Articles written: 11

This letter was sent to Donald G Ezzell of Geoworks Corporation in response to their claims for a 20,000 USD licensing fee for anyone who develops WAP technology. For more details, please see the Geoworks site, especially the links here

FAO: Donald G. Ezzell
Chief Operating Officer and General Counsel
Geoworks Corporation
960 Atlantic Avenue
Alameda, California USA 94501

Dear Don,

I am writing on behalf of a mailing list which I run for WAP Developers - wap-dev (information at ). This is an open letter to yourselves and to WAP developers everywhere. The letter can also be found in HTML format at

I have several thoughts about Geoworks' recent announcement regarding your Intellectual Property Rights. I hope that you may be able to shed some light on several issues that are puzzling me personally and I'm sure will be of interest to many who are developing WAP applications.

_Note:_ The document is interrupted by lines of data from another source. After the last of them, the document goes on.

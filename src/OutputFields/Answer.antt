-- ===== src/OutputFields/Answer.antt =====
-- core/output_fields.py: the answer of the model, checked against the declared fields. `json.loads`
-- is the caller's: its result is an argument, `none` where it raises.
pub mod Accepted
use ieum_agent.Base.{
  ℕ, ◌-◌, ◌^◌, String, Bool, true, false, ◌&&◌, Option, none, some, List, [], ◌∷◌, if◌then◌else◌,
}
use ieum_agent.Base.Result.{Result, ok, err, ◌>>=◌}
use ieum_agent.Base.Dict.{Dict, insert}
use ieum_agent.Base.Int.{ℤ, pos, negsuc, leb_ℤ}
use ieum_agent.Value.{
  Value, Float, nan, infinite, dyadic, null, bool, int, float, text, list, dict, Entries, get,
  float_to_int,
}
use ieum_agent.OutputFields.{FieldType, text_type, number_type, boolean_type, OutputField}

-- Why `OutputMismatchError` is raised.
pub data Mismatch : Type 0 where
  not_json not_an_object : Mismatch
  missing wrong_type : String → Mismatch

abbrev pub Answered : Type 0 → Type 0
Answered = Result Mismatch

-- -2^63 and 2^63 - 1
abbrev pub int64_min : ℤ
int64_min = negsuc (2 ^ 63 - 1)

abbrev pub int64_max : ℤ
int64_max = pos (2 ^ 63 - 1)

abbrev pub is_int64 : ℤ → Bool
is_int64 n = leb_ℤ int64_min n && leb_ℤ n int64_max

unfoldable pub type_ok : FieldType → Value → Bool
type_ok text_type (text s) = true
type_ok boolean_type (bool b) = true
type_ok number_type (int n) = is_int64 n
type_ok number_type (float (dyadic s m a b)) = true
type_ok _ _ = false

abbrev whole : Float → Option ℤ → Value
whole x none = float x
whole x (some n) = if is_int64 n then int n else float x

-- A float that stands for a whole number in the int64 range becomes that int.
unfoldable pub normal : FieldType → Value → Value
normal number_type (float x) = whole x (float_to_int x)
normal t v = v

-- The value of one field; None is a missing one.
unfoldable pub judge : String → FieldType → Value → Answered Value
unfolding type_ok normal
judge key t null = err (missing key)
judge key t v = if type_ok t v then ok (normal t v) else err (wrong_type key)

unfoldable pub read_answer : Entries → OutputField → Answered Value
unfolding judge
read_answer es f = judge f.key f.ftype (get f.key es)

unfoldable pub read_answers : Entries → Dict Value → List OutputField → Answered (Dict Value)
unfolding read_answer
read_answers es out [] = ok out
read_answers es out (f ∷ fs) = do v ← read_answer es f; read_answers es (insert f.key v out) fs

unfoldable pub parse_structured_output : Option Value → List OutputField → Answered (Dict Value)
unfolding read_answers
parse_structured_output none fields = err not_json
parse_structured_output (some (dict es)) fields = read_answers es [] fields
parse_structured_output (some _) fields = err not_an_object
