-- ===== src/OutputFields/Shape.antt =====
-- What the fields are that `validate_output_fields` lets through.
use Prim.Native.String.{count}
use ieum_agent.Base.{
  ℕ, ◌+◌, ◌≤◌, String, ◌≡◌, ◌≢◌, refl, Bool, true, false, Option, none, some, List, [], ◌∷◌, arith,
  string_eq, contains, All, Distinct, length, ltb,
}
use ieum_agent.Base.Result.{ok, ◌>>=◌, bind-ok}
use ieum_agent.Value.{Value, Values, Entries, text, list, dict, get, values, cons}
use ieum_agent.OutputFields.{
  OutputField, max_fields, max_description, is_key, reserved_keys, is_sensitive, read_key,
  read_type, read_description, vet_key, read_field, read_fields, validate_output_fields,
  is_react_type,
}

-- A declared field as the rules of the module want it.
pub record IsAllowed (f : OutputField) : Type 0 where
  pub key_form : is_key f.key ≡ true
  pub free : contains reserved_keys f.key ≡ false
  pub open_key : is_sensitive f.key ≡ false
  pub described : (d : String) → f.description ≡ some d → (d ≢ "") × (count d ≤ max_description)

read_key-form : (i : ℕ) (v : Value) (key : String) → read_key i v ≡ ok key → is_key key ≡ true
unfolding read_key
read_key-form i (text s) key h = ground arith
read_key-form i v key h = ground arith

read_description-form :
    (key : String) (v : Value) (o : Option String) (d : String)
    → read_description key v ≡ ok o
    → o ≡ some d
    → (d ≢ "") × (count d ≤ max_description)
unfolding read_description
read_description-form key (text s) o d h e = ground arith
read_description-form key v o d h e = ground arith

vet_key-free :
    (seen : List String) (key : String) (u : Unit {0})
    → vet_key seen key ≡ ok u
    → (contains seen key ≡ false)
      × (contains reserved_keys key ≡ false)
      × (is_sensitive key ≡ false)
unfolding vet_key
vet_key-free seen key u h = ground arith

-- A field that is read has passed each part.
read_field-parts :
    (i : ℕ) (seen : List String) (es : Entries) (f : OutputField)
    → read_field i seen (dict es) ≡ ok f
    → (read_key i (get "key" es) ≡ ok f.key)
      × (vet_key seen f.key ≡ ok tt)
      × (read_type f.key (get "type" es) ≡ ok f.ftype)
      × (read_description f.key (get "description" es) ≡ ok f.description)
read_field-parts i seen es f h = unfold read_field in ground arith

read_field-IsAllowed :
    (i : ℕ) (seen : List String) (v : Value) (f : OutputField)
    → read_field i seen v ≡ ok f
    → IsAllowed f × (contains seen f.key ≡ false)
read_field-IsAllowed i seen (dict es) f h =
    let (read, vetted, typed, described) = read_field-parts i seen es f h in
    let (fresh, free, safe) = vet_key-free seen f.key tt vetted in
    (
      record {
        key_form = read_key-form i (get "key" es) f.key read;
        free = free;
        open_key = safe;
        described =
            λ d e. read_description-form f.key (get "description" es) f.description d described e;
      },
      fresh,
    )
read_field-IsAllowed i seen v f h = unfold read_field in ground arith

abbrev pub keys_of : List OutputField → List String
keys_of [] = []
keys_of (f ∷ fs) = f.key ∷ keys_of fs

abbrev Fresh : List String → List OutputField → Type 0
Fresh seen = All (λ f. contains seen f.key ≡ false)

keys_of-Fresh :
    (k : String) (seen : List String) (fs : List OutputField)
    → Fresh (k ∷ seen) fs
    → (contains (keys_of fs) k ≡ false) × Fresh seen fs
keys_of-Fresh k seen [] h = (refl, tt)
keys_of-Fresh k seen (f ∷ fs) (p, h) =
    let (later, rest) = keys_of-Fresh k seen fs h in (ground arith, (ground arith, rest))

read_fields-cons :
    (i : ℕ) (seen : List String) (v : Value) (vs : List Value) (fs : List OutputField)
    → read_fields i seen (v ∷ vs) ≡ ok fs
    → (f : OutputField) × (rest : List OutputField) × (read_field i seen v ≡ ok f)
      × (read_fields (i + 1) (f.key ∷ seen) vs ≡ ok rest)
      × (fs ≡ f ∷ rest)
unfolding read_fields
read_fields-cons i seen v vs fs h =
    let (f, read, h1) =
      bind-ok (read_field i seen v)
        (λ f. read_fields (i + 1) (f.key ∷ seen) vs >>= λ fs. ok (f ∷ fs)) h in
    let (rest, more, h2) = bind-ok (read_fields (i + 1) (f.key ∷ seen) vs) (λ fs. ok (f ∷ fs)) h1 in
    (f, rest, read, more, ground arith)

read_fields-IsAllowed :
    (i : ℕ) (seen : List String) (vs : List Value) (fs : List OutputField)
    → read_fields i seen vs ≡ ok fs
    → (length fs ≡ length vs) × All IsAllowed fs × Fresh seen fs × Distinct (keys_of fs)
read_fields-IsAllowed i seen [] fs h =
    let e : fs ≡ [] = unfold read_fields in ground arith in rw e (refl, tt, tt, tt)
read_fields-IsAllowed i seen (v ∷ vs) fs h =
    let (f, rest, read, more, e) = read_fields-cons i seen v vs fs h in
    let (allowed, fresh) = read_field-IsAllowed i seen v f read in
    let (same, all_allowed, all_fresh, distinct) =
      read_fields-IsAllowed (i + 1) (f.key ∷ seen) vs rest more in
    let (new, old_fresh) = keys_of-Fresh f.key seen rest all_fresh in
    rw e (omega arith, (allowed, all_allowed), (fresh, old_fresh), (new, distinct))

validate-parts :
    (v : Value) (vs : Values) (tools : Bool) (agent_type : Option String)
    (fields : List OutputField)
    → validate_output_fields (list (cons v vs)) tools agent_type ≡ ok (some fields)
    → (ltb max_fields (length (v ∷ values vs)) ≡ false)
      × (tools ≡ false)
      × (is_react_type agent_type ≡ false)
      × (read_fields 1 [] (v ∷ values vs) ≡ ok fields)
unfolding validate_output_fields
validate-parts v vs tools agent_type fields h = ground arith

not_react :
    (agent_type : Option String) → is_react_type agent_type ≡ false → agent_type ≢ some "react"
not_react none h = λ e. cc
not_react (some s) h = λ e. ground arith

-- The fields that are let through: as many as were declared and at most twenty, each with a key of
-- the right form that is neither reserved nor sensitive, and a description that is absent or has
-- 1 to 500 characters; no key stands twice. The node has no tools and is not a react node.
pub validate_output_fields_sound :
    (value : Value) (tools : Bool) (agent_type : Option String) (fields : List OutputField)
    → validate_output_fields value tools agent_type ≡ ok (some fields)
    → ((vs : Values) × (value ≡ list vs) × (length fields ≡ length (values vs)))
      × (length fields ≤ max_fields)
      × All IsAllowed fields
      × Distinct (keys_of fields)
      × (tools ≡ false)
      × (agent_type ≢ some "react")
unfolding validate_output_fields
validate_output_fields_sound (list (cons v vs)) tools agent_type fields h =
    let (few, no_tools, simple, read) = validate-parts v vs tools agent_type fields h in
    let (same, allowed, fresh, distinct) = read_fields-IsAllowed 1 [] (v ∷ values vs) fields read in
    (
      (cons v vs, refl, same),
      ground (arith, same),
      allowed,
      distinct,
      no_tools,
      not_react agent_type simple,
    )
validate_output_fields_sound value tools agent_type fields h = cc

I don't wish to get into the specifics of the patent itself - such an analysis is frankly beyond me and deserves to be taken up in a courtroom by some brave soul, I am wondering more about the effects of your licensing scheme in relation to WAP as an emerging technology.

We have seen in the last 6 years an incredible explosion in on-line activity and services, brought about chiefly through the wide spread of HTML and the creation of the World Wide Web. This explosion has created huge opportunity for countless companies who have embraced the open HTML protocol. Companies who were "in at the beginning" now rank amongst the world's fastest growing companies and the western world is seeing unprecedented new opportunities for communication, business and commerce. In all, thanks to Tim Berners Lee's selfless act in making HTML an open standard, the world as a whole has benefited beyond belief.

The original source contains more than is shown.